Soil Crusting in Soybean Fields Causing Concerns
May 18, 2012
Figure 1. Uneven soybean emergence in crusted soil in south central Nebraska.
Figure 2. Plumule emerging from
On May 6, quite a storm was unleashed in south central Nebraska. Soybeans that had been planted two to three days before the storm seem to have emerged fine, while those planted May 5-6 tend to have uneven emergence and crusting. This is occurring regardless of tillage type, residue cover, etc. Many farmers have been running pivots to help the soybeans break through the ½- to 2-inch crust, often applying an inch of water before they see stand improvements.
The primary question for growers has been “Should I replant?”
UNL on-farm research has shown less than 1.4-2.0 bu/ac yield difference between planting 90,000 and 180,000 seeds/acre. (See report.) In our research, 90% of the planted stand was achieved at both seeding rates in irrigated 30-inch rows in no-till and ridge-till fields.

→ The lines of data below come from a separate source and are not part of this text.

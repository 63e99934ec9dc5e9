-- ===== src/Orchestrator/Cancels/Reasons.antt =====
-- The reason of a cancel, from its request to the status of the run
-- (internal/orchestrator/execution.go and internal/orchestrator/service.go).
use rascal.Prelude.{
  ℕ, ◌≡◌, refl, ◌∙◌, inl, inr, true, false, some, List, [], ◌∷◌, Bool-cases, arith, if◌then◌else◌,
}
use rascal.Prelude.Table.{select_one, exists_where, update_where}
use rascal.Text.{Text, codes, is_empty, text_eq, trim_space, to_lower, switch}
use rascal.Text.Laws.{text_eq_refl, trim_space-trim_space}
use rascal.Status.{
  RunStatusReason, no_reason, user_canceled, issue_closed, issue_edited, pr_closed, pr_synchronized,
  pr_draft, pr_merged, review_thread_resolved, task_completed, shutdown, deploy_reclaimed,
  credential_lease_lost, unknown_reason, run_status_reason_text, normalize_run_status_reason,
}
use rascal.Status.Parsing.{IsNamedReason}
use rascal.Store.Schema.{RunCancelRequest, Db}
use rascal.Store.Leases.{cancel_of, put_cancel, request_run_cancel, get_run_cancel}
use rascal.Orchestrator.Scheduler.{
  status_reason_from_cancel_source, cancel_status, pending_run_cancel_status,
}
use rascal.Orchestrator.Cancels.{or_canceled, source_of}

-- The reasons that survive; the others are lost.
abbrev pub carried : RunStatusReason → RunStatusReason
carried user_canceled = no_reason
carried task_completed = no_reason
carried credential_lease_lost = no_reason
carried r = r

abbrev or_system : Text → Text
or_system s = if is_empty s then codes "system" else s

source-carried :
    (r : RunStatusReason)
    → IsNamedReason r
    → status_reason_from_cancel_source (or_system (trim_space (source_of r))) ≡ carried r
unfolding status_reason_from_cancel_source run_status_reason_text normalize_run_status_reason
    trim_space to_lower text_eq switch
source-carried no_reason h = refl
source-carried user_canceled h = refl
source-carried issue_closed h = refl
source-carried issue_edited h = refl
source-carried pr_closed h = refl
source-carried pr_synchronized h = refl
source-carried pr_draft h = refl
source-carried pr_merged h = refl
source-carried review_thread_resolved h = refl
source-carried task_completed h = refl
source-carried shutdown h = refl
source-carried deploy_reclaimed h = refl
source-carried credential_lease_lost h = refl
source-carried (unknown_reason s) h = absurd h

canceled_word : trim_space (codes "canceled") ≡ codes "canceled"
unfolding trim_space
canceled_word = refl

canceled_trimmed :
    (s : Text) → or_canceled (trim_space (or_canceled (trim_space s))) ≡ or_canceled (trim_space s)
canceled_trimmed s = elim (Bool-cases (is_empty (trim_space s))) [
  | inl e ↦ rw (e, canceled_word)
  | inr e ↦ rw (e, trim_space-trim_space s, e)
]

abbrev over : RunCancelRequest → RunCancelRequest → RunCancelRequest
over c o = record o { reason = c.reason; source = c.source; requested_at = c.requested_at }

select-over :
    (c : RunCancelRequest) (rows : List RunCancelRequest)
    → exists_where (cancel_of c.run_id) rows ≡ true
    → cancel_status
        (select_one (cancel_of c.run_id) (update_where (cancel_of c.run_id) (over c) rows))
      ≡ cancel_status (some c)
unfolding exists_where select_one update_where
select-over c [] h = absurd (ground arith)
select-over c (o ∷ rows) h = elim (Bool-cases (text_eq o.run_id c.run_id)) [
  | inl e ↦ rw (e, e)
  | inr e ↦ rw (e, e) (select-over c rows (rw e at h))
]

select-put_cancel :
    (c : RunCancelRequest) (rows : List RunCancelRequest)
    → cancel_status (select_one (cancel_of c.run_id) (put_cancel c rows)) ≡ cancel_status (some c)
unfolding select_one
select-put_cancel c rows = elim (Bool-cases (exists_where (cancel_of c.run_id) rows)) [
  | inl e ↦ rw e (select-over c rows e)
  | inr e ↦ rw (e, text_eq_refl c.run_id)
]

-- A cancel that is requested for a run with an identifier, for one of the named reasons, is pending
-- with its text, and with its reason unless that is user_canceled, task_completed or
-- credential_lease_lost, which are read back as no reason.
pub pending-request_run_cancel :
    (now : ℕ) (run_id text : Text) (r : RunStatusReason) (db : Db)
    → is_empty (trim_space run_id) ≡ false
    → IsNamedReason r
    → pending_run_cancel_status run_id
        (request_run_cancel now run_id (or_canceled (trim_space text)) (source_of r) db).0
      ≡ some (or_canceled (trim_space text), carried r)
unfolding pending_run_cancel_status request_run_cancel get_run_cancel
pending-request_run_cancel now run_id text r db h named = rw h (
    select-put_cancel
      (record {
        run_id = trim_space run_id;
        reason = or_canceled (trim_space (or_canceled (trim_space text)));
        source = or_system (trim_space (source_of r));
        requested_at = now;
      })
      db.run_cancels
    ∙ rw (canceled_trimmed text, canceled_trimmed text, source-carried r named))
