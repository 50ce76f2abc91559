-- ===== src/Lib.antt =====
-- The core of the platform: a virtual tabletop whose whole truth is one append-only log of events.
-- A gateway authorizes a participant's command against the derived state, the command becomes
-- events, and the campaign validates them on a snapshot, has the store write them, applies them to
-- its live state and notifies the subscribers.
--
-- Contract: contract/vtt/v1/events.proto and commands.proto. Event holds the events with the fields
-- that the modelled code reads, Command the client's commands.
--
-- Go: what the code uses of Go itself. GoMap is `map[string]V` as an association list, whose order
-- stands for the order of a `for range`; Format is `%d` and the text of a grid square; Sort is
-- sort.Strings and sort.Slice; Text is the order of strings.
--
-- Engine: internal/engine. State is state.go, with a nil map told apart from an empty one where the
-- code does so; Terrain is terrain.go and actorkind.go; Engine/Apply holds Apply of apply.go, one
-- function for each arm of its switch, over a state that is passed on: Sessions, Scenes, Actors,
-- Control, Tokens, Doors, Pools, Feed and Sight by what they change, Dispatch for the switch. An
-- outcome is the error, if any, and the state that the call leaves. Invariant and WellFormed hold
-- the invariant of the state; Refusal, Copies, Merge, Control, Standing, Doors, Effects, Removal,
-- Narration and Seen the theorems on single arms.
--
-- Store: internal/store. Log is AppendBatch of store.go for the world log, over a record of the
-- database's operations with the one law that a committed transaction leaves its rows behind those
-- that were there. Subscriber is the queue and the pump of subscribe.go: the pump and those who
-- stop it are a step relation, and a run interleaves steps with the events that are offered. Heads
-- and Feeds are the theorems on the two.
--
-- Campaign: internal/campaign. Fold is foldEvents, Append the append of a batch with its
-- validation, Reading, Replay, Growth and Agree the theorems. A fresh session id is a parameter
-- that may fail; so is the failure of the fan-out to the character logs.
--
-- Identity and Gateway: the roles of internal/identity/identity.go; Viewpoint is
-- internal/gateway/viewpoint.go, Roles and Rules are internal/gateway/authz.go, Denial its
-- refusals. Presence is the registry of internal/gateway/presence.go, with its sends left out.
-- Convert is internal/gateway/convert.go and the validators of commands, Handle the command path of
-- internal/gateway/server.go from a command to the batch that it hands to the campaign, and Answer
-- the whole of handleCommand, with the campaign's append; what a connection's eyes see is a
-- parameter there, as are fresh event ids and the dice. Seat is internal/gateway/seat.go, where a
-- run of its loop is given what each pass finds. Access, Commands, ByCommand, Ownership, Revoking,
-- Watching, Adjacent, Counting, Answering, Handling, Issuing, Moving, Voicing, PlayerAnswers,
-- ActorTokens, Removing and Seating hold the theorems.
--
-- Rules: internal/rules. Syntax holds the trees of expr.go and the walks over them, Lexer and
-- Parser its lexer and its recursive-descent parser, Eval its two evaluators over a roller whose
-- state is passed on, Int64 the arithmetic of int; Progress, Legal, Pieces, Total, Floor,
-- Evaluation, Rolling and References hold their theorems. Ruleset is the compiled part of
-- format.go; Running, Outcomes, Checks and Resolve are resolve.go, with Wording for its texts and
-- Attempt for its errors; Accepted, Stepping, Marking, Soundness, Checked and Parity lead to the
-- theorem that the engine accepts what Resolve returns. The parser is given four units of fuel for
-- each character and four more: every call that does not read a token is followed by one that does
-- within four calls. The roller (crypto/rand) is a parameter.
--
-- Sums and differences of int32 wrap around; int64 sums (sequences, the clamp of a resource) are
-- those of the integers, since no sequence reaches 2^63 and the clamp adds two int32s. Lengths of
-- strings are byte lengths. Besides the parser only the printing of a number needs fuel, and is
-- given one more than the number. Locks are left out: each modelled operation runs under one.
--
-- Not modelled: the character logs and what a character perceives of the world, the loading and
-- compilation of rulesets, maps and adventures, the opening of connections, the handlers of
-- commands that load files or change who sits at the table, the identity database, and the HTTP,
-- WebSocket and tool servers around the core.
pub mod Prelude
pub mod Go
pub mod Contract
pub mod Engine
pub mod Store
pub mod Campaign
pub mod Identity
pub mod Gateway
pub mod Rules
pub mod Tests
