-- ===== src/Campaign.antt =====
-- internal/campaign: the log and the live state that is its fold.
pub mod Fold
pub mod Append
pub mod Replay
pub mod Reading
pub mod Growth
pub mod Agree
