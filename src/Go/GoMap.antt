-- ===== src/Go/GoMap.antt =====
-- Go's `map[string]V` as an association list. `entries` is what a `for range` loop visits; the
-- language leaves the order of the visit open, and here it is the order of the list.
use vtt_platform.Prelude.{
  String, ◌≡◌, refl, Option, none, some, List, [], ◌∷◌, All, Bool-cases, inl, inr, sym, ap, ◌∙◌,
  arith, ◌==◌, eq_iff, if◌then◌else◌, eq_refl,
}

pub record Map {ℓ} (V : Type ℓ) : Type ℓ where
  pub entries : List (String × V)

module _ {ℓ} {V : Type ℓ} where
  unfoldable pub lookup : String → List (String × V) → Option V
  lookup key [] = none
  lookup key ((first, value) ∷ rest) = if first == key then some value else lookup key rest

  unfoldable pub all_but : String → List (String × V) → List (String × V)
  all_but key [] = []
  all_but key ((first, value) ∷ rest) =
      let later = all_but key rest in if first == key then later else (first, value) ∷ later

  abbrev pub empty : Map V
  empty = record { entries = [] }

  -- v, ok := m[k]
  unfoldable pub get : Map V → String → Option V
  unfolding lookup
  get m k = lookup k m.entries

  -- delete(m, k)
  unfoldable pub delete : Map V → String → Map V
  unfolding all_but
  delete m k = record { entries = all_but k m.entries }

  -- m[k] = v
  unfoldable pub put : Map V → String → V → Map V
  unfolding all_but
  put m k v = record { entries = (k, v) ∷ all_but k m.entries }

  -- The lookup of a key once the entries of a key are gone.
  pub lookup-all_but :
      (gone key : String) (entries : List (String × V))
      → lookup key (all_but gone entries) ≡ (if gone == key then none else lookup key entries)
  unfolding lookup all_but
  lookup-all_but gone key [] = ground arith
  lookup-all_but gone key ((first, value) ∷ rest) =
      ground
        (arith, eq_iff gone key, eq_iff first gone, eq_iff first key, lookup-all_but gone key rest)

  pub get-delete :
      (m : Map V) (k j : String) → get (delete m k) j ≡ (if k == j then none else get m j)
  unfolding get delete
  get-delete m k j = lookup-all_but k j m.entries

  pub get-put :
      (m : Map V) (k j : String) (v : V) → get (put m k v) j ≡ (if k == j then some v else get m j)
  unfolding get put
  get-put m k j v = ground (arith, lookup-all_but k j m.entries)

  pub get-empty : (k : String) → get empty k ≡ none
  unfolding get
  get-empty k = refl

  -- Each key stands once: what every map has that `put` and `delete` built from `empty`.
  abbrev pub UniqueKeys : List (String × V) → Type ℓ
  UniqueKeys [] = Unit
  UniqueKeys ((k, v) ∷ l) = (lookup k l ≡ none) × UniqueKeys l

  all_but-UniqueKeys :
      (k : String) (l : List (String × V)) → UniqueKeys l → UniqueKeys (all_but k l)
  unfolding all_but
  all_but-UniqueKeys k [] h = h
  all_but-UniqueKeys k ((j, v) ∷ l) h =
      ground (arith, all_but-UniqueKeys k l h.1, lookup-all_but k j l)

  pub put-UniqueKeys :
      (m : Map V) (k : String) (v : V) → UniqueKeys m.entries → UniqueKeys (put m k v).entries
  unfolding put
  put-UniqueKeys m k v h =
      (ground (arith, lookup-all_but k k m.entries, eq_refl k), all_but-UniqueKeys k m.entries h)

  pub delete-UniqueKeys :
      (m : Map V) (k : String) → UniqueKeys m.entries → UniqueKeys (delete m k).entries
  unfolding delete
  delete-UniqueKeys m k h = all_but-UniqueKeys k m.entries h

lookup-cons_of_tail {ℓ} :
    {V : Type ℓ} (k j : String) (v w : V) (l : List (String × V))
    → lookup k l ≡ none
    → lookup j l ≡ some w
    → lookup j ((k, v) ∷ l) ≡ some w
unfolding lookup
lookup-cons_of_tail k j v w l u e = elim (Bool-cases (k == j)) [
  | inl same ↦
      absurd (none_some (sym u ∙ (ap (λ (i : String). lookup i l) ((eq_iff k j).0 same) ∙ e)))
  | inr other ↦ rw other e
]
  where
    none_some : none ≡ some w → ⊥
    none_some p = cc

-- What holds at every key holds of every entry that a loop visits.
pub All-of_lookup {ℓ κ} :
    {V : Type ℓ} (P : String × V → Type κ) (l : List (String × V))
    → UniqueKeys l
    → ((k : String) (v : V) → lookup k l ≡ some v → P (k, v))
    → All P l
unfolding lookup
All-of_lookup P [] u h = tt
All-of_lookup P ((k, v) ∷ l) u h = (
  h k v (rw (eq_refl k)),
  All-of_lookup P l u.1 (λ j w e. h j w (lookup-cons_of_tail k j v w l u.0 e)),
)

-- A map with the same keys and each value translated.
module _ {ℓ κ} {V : Type ℓ} {W : Type κ} (f : V → W) where
  unfoldable pub map_entries : List (String × V) → List (String × W)
  map_entries [] = []
  map_entries ((k, v) ∷ l) = (k, f v) ∷ map_entries l

  unfoldable pub map_values : Map V → Map W
  unfolding map_entries
  map_values m = record { entries = map_entries m.entries }

  abbrev pub map_option : Option V → Option W
  map_option none = none
  map_option (some v) = some (f v)

  lookup-map_entries :
      (k : String) (l : List (String × V)) → lookup k (map_entries l) ≡ map_option (lookup k l)
  unfolding lookup map_entries
  lookup-map_entries k [] = refl
  lookup-map_entries k ((j, v) ∷ l) = ground (arith, lookup-map_entries k l)

  pub get-map_values : (m : Map V) (k : String) → get (map_values m) k ≡ map_option (get m k)
  unfolding get map_values
  get-map_values m k = lookup-map_entries k m.entries

  pub map_entries-UniqueKeys : (l : List (String × V)) → UniqueKeys l → UniqueKeys (map_entries l)
  unfolding map_entries
  map_entries-UniqueKeys [] h = tt
  map_entries-UniqueKeys ((k, v) ∷ l) h =
      (rw (lookup-map_entries k l, h.0), map_entries-UniqueKeys l h.1)

  all_but-map_entries :
      (k : String) (l : List (String × V)) → all_but k (map_entries l) ≡ map_entries (all_but k l)
  unfolding all_but map_entries
  all_but-map_entries k [] = refl
  all_but-map_entries k ((j, v) ∷ l) = ground (arith, all_but-map_entries k l)

  pub map_values-put :
      (m : Map V) (k : String) (v : V) → map_values (put m k v) ≡ put (map_values m) k (f v)
  unfolding map_values put map_entries
  map_values-put m k v = ground (arith, all_but-map_entries k m.entries)

module _ {ℓ} {V : Type ℓ} (f : V → V) (idem : (v : V) → f (f v) ≡ f v) where
  map_entries_idem : (l : List (String × V)) → map_entries f (map_entries f l) ≡ map_entries f l
  unfolding map_entries
  map_entries_idem [] = refl
  map_entries_idem ((k, v) ∷ l) = ground (arith, map_entries_idem l, idem v)

  pub map_values_idem : (m : Map V) → map_values f (map_values f m) ≡ map_values f m
  unfolding map_values
  map_values_idem m = ground (arith, map_entries_idem m.entries)

pub ruleset map_laws = (get-empty, get-delete, get-put)
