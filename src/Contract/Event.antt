-- ===== src/Contract/Event.antt =====
-- contract/vtt/v1/events.proto.
use vtt_platform.Prelude.{String, Option, List, Bool}
use vtt_platform.Prelude.Int.{ℤ}
use vtt_platform.Go.GoMap.{Map}

pub record GridPosition : Type 0 where
  pub x : ℤ
  pub y : ℤ

pub record Resource : Type 0 where
  pub current : ℤ
  pub max : ℤ

-- The kinds of this contract; a number of a newer one is left out.
pub data ActorKind : Type 0 where
  kind_unspecified party_member non_party : ActorKind

pub record Actor : Type 0 where
  pub actor_id : String
  pub name : String
  pub module_id : String
  pub attributes : Map ℤ
  pub resources : Map Resource
  pub controller_id : String
  pub controller_ids : List String
  pub kind : ActorKind

pub record TileRef : Type 0 where
  pub kind : String
  pub material : String
  pub art : String

pub record ObjectRef : Type 0 where
  pub object_id : String
  pub kind : String
  pub at : Option GridPosition
  pub width : ℤ
  pub height : ℤ
  pub rotation_degrees : ℤ
  pub blocks_sight : Bool
  pub blocks_move : Bool
  pub art : String

pub data NoteVisibility : Type 0 where
  visibility_unspecified public secret : NoteVisibility

pub record SceneCreated : Type 0 where
  pub scene_id : String
  pub name : String
  pub grid_width : ℤ
  pub grid_height : ℤ
  pub tiles : Map TileRef
  pub objects : List ObjectRef

pub record SceneSeen : Type 0 where
  pub scene_id : String
  pub tiles : Map TileRef
  pub objects : List ObjectRef
  pub visible : List String

pub record ControlGranted : Type 0 where
  pub actor_id : String
  pub participant_id : String
  pub kind : ActorKind

pub record ControlRevoked : Type 0 where
  pub actor_id : String
  pub participant_id : String

pub record TokenPlaced : Type 0 where
  pub token_id : String
  pub scene_id : String
  pub actor_id : String
  pub position : Option GridPosition
  pub name : String
  pub notes : String
  pub gm_name : String
  pub gm_notes : String

pub record TokenDescribed : Type 0 where
  pub token_id : String
  pub name : String
  pub notes : String
  pub gm_name : String
  pub gm_notes : String

pub record TokenMoved : Type 0 where
  pub token_id : String
  pub scene_id : String
  pub from : Option GridPosition
  pub to : Option GridPosition
  pub reason : String

-- DoorOpened and DoorClosed.
pub record DoorAt : Type 0 where
  pub scene_id : String
  pub at : Option GridPosition

pub record ResourceChanged : Type 0 where
  pub actor_id : String
  pub resource : String
  pub delta : ℤ
  pub new_value : ℤ
  pub reason : String

pub record ConditionApplied : Type 0 where
  pub actor_id : String
  pub condition_id : String
  pub source : String

pub record ConditionRemoved : Type 0 where
  pub actor_id : String
  pub condition_id : String
  pub reason : String

-- `speaks_as` is the field `as`.
pub record NarrationAdded : Type 0 where
  pub text : String
  pub speaks_as : String
  pub anchor_from_seq : ℤ
  pub anchor_to_seq : ℤ
  pub out_of_character : Bool

pub record WhisperAdded : Type 0 where
  pub text : String
  pub to_actor_ids : List String
  pub from_actor_id : String

pub record NoteUpserted : Type 0 where
  pub key : String
  pub title : String
  pub text : String
  pub visibility : NoteVisibility

-- `unknown` is a payload that this build has no variant for, or none at all.
pub data Payload : Type 0 where
  unknown : Payload
  session_started : String → Payload
  session_ended : Payload
  scene_created : SceneCreated → Payload
  actor_added : Option Actor → Payload
  actor_control_granted : ControlGranted → Payload
  actor_control_revoked : ControlRevoked → Payload
  token_placed : TokenPlaced → Payload
  token_described : TokenDescribed → Payload
  token_moved : TokenMoved → Payload
  token_removed : String → Payload
  actor_removed : String → Payload
  door_opened : DoorAt → Payload
  door_closed : DoorAt → Payload
  attack_rolled : Payload
  ability_used : String → Payload
  adventure_loaded : String → String → Payload
  resource_changed : ResourceChanged → Payload
  condition_applied : ConditionApplied → Payload
  condition_removed : ConditionRemoved → Payload
  narration_added : NarrationAdded → Payload
  whisper_added : WhisperAdded → Payload
  note_upserted : NoteUpserted → Payload
  note_deleted : String → Payload
  token_hidden : String → Payload
  scene_seen : SceneSeen → Payload

pub record Envelope : Type 0 where
  pub event_id : String
  pub sequence : ℤ
  pub session_id : String
  pub actor_role : String
  pub participant_id : String
  pub payload : Payload
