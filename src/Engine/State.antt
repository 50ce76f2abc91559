-- ===== src/Engine/State.antt =====
-- internal/engine/state.go. An `Option` of a map is a Go map that may be nil. Actors are held by
-- value: the state owns its actors (they are cloned on the way in and on the way out).
use vtt_platform.Prelude.{
  ℕ, suc, String, Bool, false, Option, none, some, List, [], ◌∷◌, if◌then◌else◌,
}
use vtt_platform.Prelude.Int.{ℤ, pos, eq_ℤ}
use vtt_platform.Go.GoMap.{Map, get}
use vtt_platform.Go.GoMap
use vtt_platform.Contract.Event.{Actor, NoteVisibility}

pub record Tile : Type 0 where
  pub kind : String
  pub material : String
  pub art : String

pub record SceneObject : Type 0 where
  pub object_id : String
  pub kind : String
  pub x : ℤ
  pub y : ℤ
  pub width : ℤ
  pub height : ℤ
  pub rotation_degrees : ℤ
  pub blocks_sight : Bool
  pub blocks_move : Bool
  pub art : String

pub record Scene : Type 0 where
  pub id : String
  pub name : String
  pub grid_width : ℤ
  pub grid_height : ℤ
  pub tiles : Option (Map Tile)
  pub objects : List SceneObject
  pub open_doors : Option (Map Bool)
  pub explored : Option (Map Bool)
  pub visible : Option (Map Bool)

pub record Token : Type 0 where
  pub id : String
  pub scene_id : String
  pub actor_id : String
  pub x : ℤ
  pub y : ℤ
  pub name : String
  pub notes : String
  pub gm_name : String
  pub gm_notes : String

pub record Session : Type 0 where
  pub id : String
  pub name : String
  pub start_seq : ℤ
  pub end_seq : ℤ

pub record ActorCondition : Type 0 where
  pub id : String
  pub source : String
  pub applied_seq : ℤ

pub record Note : Type 0 where
  pub title : String
  pub text : String
  pub updated_seq : ℤ
  pub visibility : NoteVisibility

pub record State : Type 0 where
  pub scenes : Map Scene
  pub actors : Map Actor
  pub tokens : Map Token
  pub sessions : List Session
  pub conditions : Map (List ActorCondition)
  pub notes : Map Note

abbrev pub new_state : State
new_state = record {
  scenes = GoMap.empty;
  actors = GoMap.empty;
  tokens = GoMap.empty;
  sessions = [];
  conditions = GoMap.empty;
  notes = GoMap.empty;
}

-- A nil map reads as an empty one.
abbrev pub or_empty {ℓ} : {V : Type ℓ} → Option (Map V) → Map V
or_empty none = GoMap.empty
or_empty (some m) = m

-- m[k] of a map of bools: false where there is no key.
abbrev pub flag_of : Option Bool → Bool
flag_of none = false
flag_of (some b) = b

unfoldable pub flag : Option (Map Bool) → String → Bool
flag m k = flag_of (get (or_empty m) k)

-- st.Conditions[id]: no conditions where there is no key.
abbrev pub list_of {ℓ} : {A : Type ℓ} → Option (List A) → List A
list_of none = []
list_of (some l) = l

unfoldable pub conditions_of : State → String → List ActorCondition
conditions_of st id = list_of (get st.conditions id)

-- The copy of one scene: nil tiles and doors come out as empty maps, nil explored and visible as nil.
unfoldable pub copy_scene : Scene → Scene
copy_scene v = record v {
  tiles = some (or_empty v.tiles);
  open_doors = some (or_empty v.open_doors);
}

unfoldable pub snapshot : State → State
unfolding copy_scene
snapshot st = record st { scenes = GoMap.map_values copy_scene st.scenes }

-- The index of the open session; `none` is Go's -1.
unfoldable pub open_index : ℕ → List Session → Option ℕ
open_index i [] = none
open_index i (s ∷ rest) = if eq_ℤ s.end_seq (pos 0) then some i else open_index (suc i) rest

unfoldable pub open_session : State → Option ℕ
unfolding open_index
open_session st = open_index 0 st.sessions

Consider what was found in 2006 in one dryland field in Nuckolls County where populations of 100,000, 130,000, and 160,000 seeds/acre were planted. This field was at the cotyledon stage when it was hailed. Some plant stands dropped to 67,000. Yield was 4 bu/ac less than in the 160,000 seed/acre planting that had a final stand of nearly 98,000. The average yield in the field was 40 bu/ac. While this is only one field and one year of research, it is an example of how soybean plants can compensate for reduced populations by branching and how August rains in dryland can still allow reasonable yields to be produced.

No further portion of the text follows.